1. Let \(X_1, \ldots, X_N \sim \text{Poisson}(\lambda = 1.84)\). The probability density function for the Poisson random variable is \[ f(x | \lambda) = \lambda^x e^{{-\lambda}} / x! \] for \(x \in 0, 1, 2, 3, \ldots\) and \(\lambda > 0\)

    1. By hand, calculate the simplified log-likelihood and then write the simplified log-likelihood as a Python function with signature \(\texttt{ll_poisson(l, x)}\).

    2. By hand, calculate the maximum likelihood estimator. Include a photo of your hand written solution, or type out your solution using LaTeX.

    3. Create an array \(\texttt{X}\) by generating \(N = 1001\) Poisson random variables, with \(\lambda = 1.84\) from above. Use \(\texttt{np.random.poisson(}\lambda \texttt{, N)}\).

    4. Use \(\texttt{scipy.optimize.minimize(ll, (l0), args=(X), method='L-BFGS-B', bounds=[...])}\) to calculate the maximum likelihood estimate \(\hat{\lambda}\) of \(\lambda\).

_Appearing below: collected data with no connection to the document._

-- ===== src/Cloud/Receiving/Handled.antt =====
-- What a message does to what the service knows of a client (components/cloud/src/main.rs).
use holistic_framework_for_l.Base.{
  ℕ, suc, zero, ◌<◌, ◌≡◌, refl, ◌⊎◌, inl, inr, Bool, true, false, Bool-cases, Option, none, some,
  List, arith, ok, ◌>>◌, sym, ap, if◌then◌else◌, Returns-Ends, Ends, Ends-bind, Ends-unwrap,
  Returns,
}
use holistic_framework_for_l.Colors.{
  RgbColor, Colors, lookup, pop_last, assign, get_or_assign, get_color,
}
use holistic_framework_for_l.Cloud.{
  FirmwareState, Message, log, init_fw_update, fw_chunk, finish_fw_update, reset, halt, get_info,
  info, error, halted, DecodeResult, frame, unexpected_eof, malformed, Parts, Client, named,
  identifier_str,
}
use holistic_framework_for_l.Cloud.Receiving.{
  Conversation, after_decode, decode_all, decode_log_data, write_event, judged, is_correct, has_id,
  take_info, handle_message,
}

-- The identifier and the firmware state that a message leaves.
abbrev pub id_after : Message → Option ℕ → Option ℕ
id_after (info id crc) o = some id
id_after (log bytes) o = o
id_after init_fw_update o = o
id_after (fw_chunk offset bytes) o = o
id_after finish_fw_update o = o
id_after reset o = o
id_after halt o = o
id_after get_info o = o
id_after (error text) o = o
id_after (halted h) o = o

get_color-Ends : (cs : Colors) (id : ℕ) → Ends (λ r. Unit) (get_color cs id)
unfolding get_color
get_color-Ends cs id = of_known (lookup cs.assigned id)
  where
    of_popped : (r : Option (RgbColor × List RgbColor)) → Ends (λ r. Unit) (assign cs id r)
    of_popped none = tt
    of_popped (some r) = tt

    of_known : (o : Option RgbColor) → Ends (λ r. Unit) (get_or_assign cs id o)
    of_known none = of_popped (pop_last cs.left)
    of_known (some c) = tt

module _ (P : Parts) where
  pub identifier_str-Ends : (c : Client P) → Ends (λ u. Unit {0}) (identifier_str P c)
  unfolding identifier_str
  identifier_str-Ends c = of_id c.node_id
    where
      of_id : (o : Option ℕ) → Ends (λ u. Unit {0}) (named P o c.connection)
      of_id none =
          Ends-unwrap (λ u. Unit {0}) (P.stream.peer_addr c.connection) (λ a. ok tt) (λ a. tt)
      of_id (some id) = tt

module _ (P : Parts) (expected : ℕ) where
  abbrev pub state_after : Message → FirmwareState → FirmwareState
  state_after (info id crc) s = judged expected crc
  state_after (log bytes) s = s
  state_after init_fw_update s = s
  state_after (fw_chunk offset bytes) s = s
  state_after finish_fw_update s = s
  state_after reset s = s
  state_after halt s = s
  state_after get_info s = s
  state_after (error text) s = s
  state_after (halted h) s = s

  -- What a message leaves behind.
  pub record IsHandled (m : Message) (v w : Conversation P) : Type 0 where
    pub identity : w.client.node_id ≡ id_after m v.client.node_id
    pub firmware : w.client.firmware_state ≡ state_after m v.client.firmware_state
    pub connection : w.client.connection ≡ v.client.connection
    pub buffer : w.client.buffer ≡ v.client.buffer
    pub logged : (w.events ≡ v.events) ⊎ (is_correct v.client.firmware_state ≡ true)

  -- With a round for each frame that may be pending, and one more, the loop ends.
  decode_all-Returns :
      (fuel : ℕ) (events : List (List ℕ)) (s : P.logs.State)
      → P.logs.pending s < fuel
      → Returns (λ r. Unit) (decode_all P fuel events s)
  unfolding decode_all
  decode_all-Returns zero events s h = absurd (omega arith)
  decode_all-Returns (suc fuel) events s h =
      after (P.logs.decode s).0 (P.logs.decode s).1 (P.logs.decode-pending s _ _ refl)
        (decode_all-Returns fuel)
    where
      after :
          (r : DecodeResult) (s' : P.logs.State)
          → (r ≡ unexpected_eof) ⊎ (P.logs.pending s' < P.logs.pending s)
          → ((e : List (List ℕ)) (t : P.logs.State)
              → P.logs.pending t < fuel
              → Returns (λ r. Unit) (decode_all P fuel e t))
          → Returns (λ r. Unit) (after_decode P (decode_all P fuel) events (r, s'))
      after unexpected_eof s' k again = tt
      after (frame text) s' (inl e) again = cc
      after (frame text) s' (inr l) again = again (write_event text events) s' (omega arith)
      after malformed s' (inl e) again = cc
      after malformed s' (inr l) again = again events s' (omega arith)

  abbrev IsRenamed : ℕ → Client P → Client P → Type 0
  IsRenamed id old c =
      (c.node_id ≡ some id) × (c.connection ≡ old.connection) × (c.buffer ≡ old.buffer)

  decode_log_data-IsHandled :
      (bytes : List ℕ) (v : Conversation P)
      → is_correct v.client.firmware_state ≡ true
      → Ends (IsHandled (log bytes) v) (decode_log_data P bytes v)
  unfolding decode_log_data
  decode_log_data-IsHandled bytes v trusted =
      Ends-bind (λ u. Unit {0}) (IsHandled (log bytes) v) (identifier_str P v.client) _
        (identifier_str-Ends P v.client)
        (λ u n.
          Ends-bind (λ r. Unit {0}) (IsHandled (log bytes) v) _ _
            (Returns-Ends (λ r. Unit {0}) _
              (decode_all-Returns _ v.events (P.logs.received bytes v.client.log_decoder)
                (omega arith)))
            (λ r m. record {
              identity = refl;
              firmware = refl;
              connection = refl;
              buffer = refl;
              logged = inr trusted;
            }))

  take_info-IsHandled :
      (id : ℕ) (crc : Option ℕ) (v : Conversation P)
      → Ends (IsHandled (info id crc) v) (take_info P expected id crc v)
  unfolding take_info
  take_info-IsHandled id crc v =
      Ends-bind (IsRenamed id v.client) (IsHandled (info id crc) v) _ _
        (renamed v.client.node_id (has_id id v.client.node_id) refl refl)
        (λ c r.
          Ends-bind (λ x. Unit {0}) (IsHandled (info id crc) v) _ _ (get_color-Ends v.colors id)
            (λ x n. record {
              identity = r.0;
              firmware = refl;
              connection = r.1;
              buffer = r.2;
              logged = inl refl;
            }))
    where
      has_id-eq : (o : Option ℕ) → has_id id o ≡ true → o ≡ some id
      has_id-eq none h = cc
      has_id-eq (some i) h = ap some (ground arith)

      renamed :
          (o : Option ℕ) (b : Bool)
          → v.client.node_id ≡ o
          → has_id id v.client.node_id ≡ b
          → Ends (IsRenamed id v.client) (
              if b
              then ok v.client
              else (identifier_str P v.client >> ok (record v.client { node_id = some id })))
      renamed o true e h = (has_id-eq v.client.node_id h, refl, refl)
      renamed o false e h =
          Ends-bind (λ u. Unit {0}) (IsRenamed id v.client) (identifier_str P v.client) _
            (identifier_str-Ends P v.client) (λ u n. (refl, refl, refl))

  kept :
      (m : Message) (v : Conversation P)
      → id_after m v.client.node_id ≡ v.client.node_id
      → state_after m v.client.firmware_state ≡ v.client.firmware_state
      → IsHandled m v v
  kept m v i s = record {
    identity = sym i;
    firmware = sym s;
    connection = refl;
    buffer = refl;
    logged = inl refl;
  }

  -- Only `info` changes what is known of a client, only a client with the right firmware adds events,
  -- and the handling of a message does not run forever.
  pub handle_message-IsHandled :
      (m : Message) (v : Conversation P) → Ends (IsHandled m v) (handle_message P expected m v)
  unfolding handle_message
  handle_message-IsHandled (log bytes) v = elim (Bool-cases (is_correct v.client.firmware_state)) [
    | inl trusted ↦ rw trusted (decode_log_data-IsHandled bytes v trusted)
    | inr foreign ↦ rw foreign (kept (log bytes) v refl refl)
  ]
  handle_message-IsHandled (info id crc) v = take_info-IsHandled id crc v
  handle_message-IsHandled (halted h) v =
      Ends-bind (λ u. Unit {0}) (IsHandled (halted h) v) _ _ (identifier_str-Ends P _)
        (λ u n. record {
          identity = refl;
          firmware = refl;
          connection = refl;
          buffer = refl;
          logged = inl refl;
        })
  handle_message-IsHandled (error text) v = kept (error text) v refl refl
  handle_message-IsHandled init_fw_update v = kept init_fw_update v refl refl
  handle_message-IsHandled (fw_chunk offset bytes) v = kept (fw_chunk offset bytes) v refl refl
  handle_message-IsHandled finish_fw_update v = kept finish_fw_update v refl refl
  handle_message-IsHandled reset v = kept reset v refl refl
  handle_message-IsHandled halt v = kept halt v refl refl
  handle_message-IsHandled get_info v = kept get_info v refl refl
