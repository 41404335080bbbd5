-- ===== src/Cloud/Receiving/Drained.antt =====
-- The loop over the frames of a client ends, and handles the messages in the buffer, one after the
-- other (components/cloud/src/main.rs).
use holistic_framework_for_l.Base.{
  ℕ, zero, suc, ◌+◌, ◌≤◌, ◌<◌, ◌≡◌, refl, ap, ◌∙◌, ◌⊎◌, inl, inr, Bool, true, false, Option, none,
  some, List, [], ◌∷◌, ◌||◌, arith, length, drop, length-drop, ◌>>=◌, Ends, Ends-map, Ends-bind,
}
use mathlib.Core.Path.{subst}
use holistic_framework_for_l.Cloud.{
  FirmwareState, Message, FeedResult, goes_on, complete, invalid, Codec, Parts,
}
use holistic_framework_for_l.Cloud.Receiving.{
  Conversation, Decoded, incomplete, decoded, undecodable, skip_message, after_feed, feed_all,
  cobs_decode_from_iter, is_correct, with_buffer, handle_message, handle_object, after_cobs,
  receive_all, receive_buffered,
}
use holistic_framework_for_l.Cloud.Receiving.Handled.{
  id_after, state_after, IsHandled, handle_message-IsHandled,
}

length-skip_message : (x : ℕ) (buffer : List ℕ) → length (skip_message (x ∷ buffer)) ≤ length buffer
unfolding skip_message
length-skip_message x [] = ground arith
length-skip_message x (y ∷ buffer) = ground (arith, length-skip_message y buffer)

-- A frame takes at least one byte.
abbrev Consumes : ℕ → List ℕ → Decoded → Type 0
Consumes i ds incomplete = Unit
Consumes i ds (decoded bytes n) = (i < n) × (0 < length ds)
Consumes i ds undecodable = 0 < length ds

module _ (C : Codec) where
  feed_all-Consumes : (ds : List ℕ) (i : ℕ) (s : C.CobsDecoder) → Consumes i ds (feed_all C ds i s)
  unfolding feed_all
  feed_all-Consumes [] i s = tt
  feed_all-Consumes (d ∷ ds) i s = after (C.feed d s) (feed_all-Consumes ds (i + 1))
    where
      later : (r : Decoded) → Consumes (i + 1) ds r → Consumes i (d ∷ ds) r
      later incomplete h = tt
      later (decoded bytes n) h = omega arith
      later undecodable h = omega arith

      after :
          (f : FeedResult × C.CobsDecoder)
          → ((t : C.CobsDecoder) → Consumes (i + 1) ds (feed_all C ds (i + 1) t))
          → Consumes i (d ∷ ds) (after_feed C (feed_all C ds (i + 1)) i f)
      after (goes_on, t) k = later (feed_all C ds (i + 1) t) (k t)
      after (complete bytes, t) k = omega arith
      after (invalid, t) k = omega arith

module _ (P : Parts) (expected : ℕ) where
  -- The messages in a buffer: of each frame that can be decoded to one, in order.
  abbrev object_before : Option Message → List Message → List Message
  object_before none ms = ms
  object_before (some m) ms = m ∷ ms

  abbrev messages_of : (List ℕ → List Message) → Decoded → List ℕ → List Message
  messages_of others incomplete buffer = []
  messages_of others undecodable buffer = others (skip_message buffer)
  messages_of others (decoded bytes n) buffer =
      object_before (P.codec.from_reader bytes) (others (drop n buffer))

  abbrev pub messages_in : ℕ → List ℕ → List Message
  messages_in zero buffer = []
  messages_in (suc n) buffer =
      messages_of (messages_in n) (cobs_decode_from_iter P.codec buffer) buffer

  -- What messages, one after the other, leave of an identifier and a firmware state, and whether one
  -- of them meets a client with the right firmware.
  abbrev pub ids_after : List Message → Option ℕ → Option ℕ
  ids_after [] o = o
  ids_after (m ∷ ms) o = ids_after ms (id_after m o)

  abbrev pub states_after : List Message → FirmwareState → FirmwareState
  states_after [] s = s
  states_after (m ∷ ms) s = states_after ms (state_after P expected m s)

  abbrev pub ever_correct : List Message → FirmwareState → Bool
  ever_correct [] s = false
  ever_correct (m ∷ ms) s = is_correct s || ever_correct ms (state_after P expected m s)

  -- What the messages leave behind, with no whole frame in the buffer.
  pub record IsReceived (ms : List Message) (v w : Conversation P) : Type 0 where
    pub identity : w.client.node_id ≡ ids_after ms v.client.node_id
    pub firmware : w.client.firmware_state ≡ states_after ms v.client.firmware_state
    pub connection : w.client.connection ≡ v.client.connection
    pub logged : (w.events ≡ v.events) ⊎ (ever_correct ms v.client.firmware_state ≡ true)
    pub drained : cobs_decode_from_iter P.codec w.client.buffer ≡ incomplete

  IsReceived-cons :
      (m : Message) (ms : List Message) (v u w : Conversation P)
      → IsHandled P expected m v u
      → IsReceived ms u w
      → IsReceived (m ∷ ms) v w
  IsReceived-cons m ms v u w h r = record {
    identity = r.identity ∙ ap (ids_after ms) h.identity;
    firmware = r.firmware ∙ ap (states_after ms) h.firmware;
    connection = r.connection ∙ h.connection;
    logged = both r.logged h.logged;
    drained = r.drained;
  }
    where
      both :
          (w.events ≡ u.events) ⊎ (ever_correct ms u.client.firmware_state ≡ true)
          → (u.events ≡ v.events) ⊎ (is_correct v.client.firmware_state ≡ true)
          → (w.events ≡ v.events) ⊎ (ever_correct (m ∷ ms) v.client.firmware_state ≡ true)
      both (inl e) (inl f) = inl (e ∙ f)
      both e (inr t) = inr (rw t refl)
      both (inr t) (inl f) = inr (ground (arith, t, ap (ever_correct ms) h.firmware))

  -- The bytes in front do not matter.
  IsReceived-behind :
      (ms : List Message) (v w : Conversation P) (buffer : List ℕ)
      → IsReceived ms (with_buffer P v buffer) w
      → IsReceived ms v w
  IsReceived-behind ms v w buffer r = record {
    identity = r.identity;
    firmware = r.firmware;
    connection = r.connection;
    logged = r.logged;
    drained = r.drained;
  }

  -- With a round for each byte and one more the loop ends.
  receive_all-IsReceived :
      (fuel : ℕ) (v : Conversation P)
      → length v.client.buffer < fuel
      → Ends (IsReceived (messages_in fuel v.client.buffer) v) (receive_all P fuel expected v)
  unfolding receive_all cobs_decode_from_iter
  receive_all-IsReceived zero v h = absurd (omega arith)
  receive_all-IsReceived (suc fuel) v h =
      after (cobs_decode_from_iter P.codec v.client.buffer) refl
        (feed_all-Consumes P.codec v.client.buffer 0 P.codec.new) (receive_all-IsReceived fuel)
    where
      shorter : (b : List ℕ) → 0 < length b → length (skip_message b) < length b
      shorter [] k = absurd (omega arith)
      shorter (x ∷ b) k = omega (arith, length-skip_message x b)

      handled :
          (o : Option Message) (u : Conversation P) (n : ℕ)
          → ((t : Conversation P)
              → length t.client.buffer < fuel
              → Ends
                  (IsReceived (messages_in fuel t.client.buffer) t)
                  (receive_all P fuel expected t))
          → length u.client.buffer < fuel
          → Ends
              (IsReceived (object_before o (messages_in fuel u.client.buffer)) u)
              (handle_object P expected o u >>= receive_all P fuel expected)
      handled none u n again k = again u k
      handled (some m) u n again k =
          Ends-bind (IsHandled P expected m u) _ (handle_message P expected m u) _
            (handle_message-IsHandled P expected m u)
            (λ t r.
              Ends-map _ _ (receive_all P fuel expected t)
                (λ w s.
                  IsReceived-cons m _ u t w r
                    (subst (λ b. IsReceived (messages_in fuel b) t w) r.buffer s))
                (again t (omega (arith, ap length r.buffer))))

      after :
          (d : Decoded)
          → cobs_decode_from_iter P.codec v.client.buffer ≡ d
          → Consumes 0 v.client.buffer d
          → ((t : Conversation P)
              → length t.client.buffer < fuel
              → Ends
                  (IsReceived (messages_in fuel t.client.buffer) t)
                  (receive_all P fuel expected t))
          → Ends
              (IsReceived (messages_of (messages_in fuel) d v.client.buffer) v)
              (after_cobs P (receive_all P fuel expected) expected d v)
      after incomplete e c again = record {
        identity = refl;
        firmware = refl;
        connection = refl;
        logged = inl refl;
        drained = e;
      }
      after undecodable e c again =
          Ends-map _ _ (receive_all P fuel expected _)
            (λ w.
              IsReceived-behind (messages_in fuel (skip_message v.client.buffer)) v w
                (skip_message v.client.buffer))
            (again (with_buffer P v (skip_message v.client.buffer))
              (omega (arith, shorter v.client.buffer c)))
      after (decoded bytes n) e c again =
          let others = messages_in fuel (drop n v.client.buffer) in
          let ms = object_before (P.codec.from_reader bytes) others in
          Ends-map (IsReceived ms (with_buffer P v (drop n v.client.buffer))) (IsReceived ms v) _
            (λ w. IsReceived-behind ms v w (drop n v.client.buffer))
            (handled (P.codec.from_reader bytes) (with_buffer P v (drop n v.client.buffer)) n again
              (omega (arith, length-drop n v.client.buffer)))

  -- The service gets through any buffer, with no whole frame left in it, unless it panics. What it
  -- knows of the client afterwards is what the last `info` of the buffer told, and it has written
  -- events only if a message met the client with the right firmware.
  pub receive_buffered-IsReceived :
      (v : Conversation P)
      → Ends
          (IsReceived (messages_in (suc (length v.client.buffer)) v.client.buffer) v)
          (receive_buffered P expected v)
  unfolding receive_buffered
  receive_buffered-IsReceived v = receive_all-IsReceived _ v (omega arith)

  2. Let \(X_1, \ldots, X_N \sim \text{IG}(\mu = 12.41, \lambda = 3.9)\), named inverse Gaussian or Wald. The probability density function for the inverse Gaussian random variable is \[ f(x | \mu, \lambda) = \left( \frac{{\lambda}}{{2\pi x^3}} \right)^{1/2} e^{{ -\frac{{\lambda(x - \mu)^2}}{{2\mu^2x}} }} \] for \(x > 0\), \(\mu > 0\), and \(\lambda > 0\).

    1. By hand, calculate the simplified log-likelihood and then write the simplified log-likelihood as a Python function with signature \(\texttt{ll_ig(theta, x)}\).

    2. Create an array \(\texttt{X}\) by generating \(N = 1001\) IG/Wald random variables, with \(\mu = 12.41\), \(\lambda = 3.9\) from above. Use \(\texttt{np.random.wald(}\mu, \lambda \texttt{, N)}\).

    3. Use \(\texttt{scipy.optimize.minimize(ll, theta0, args=(X), method='L-BFGS-B', bounds=[...])}\) to calculate the maximum likelihood estimate \(\hat{\theta}\) of \(\theta = (\mu, \lambda)\).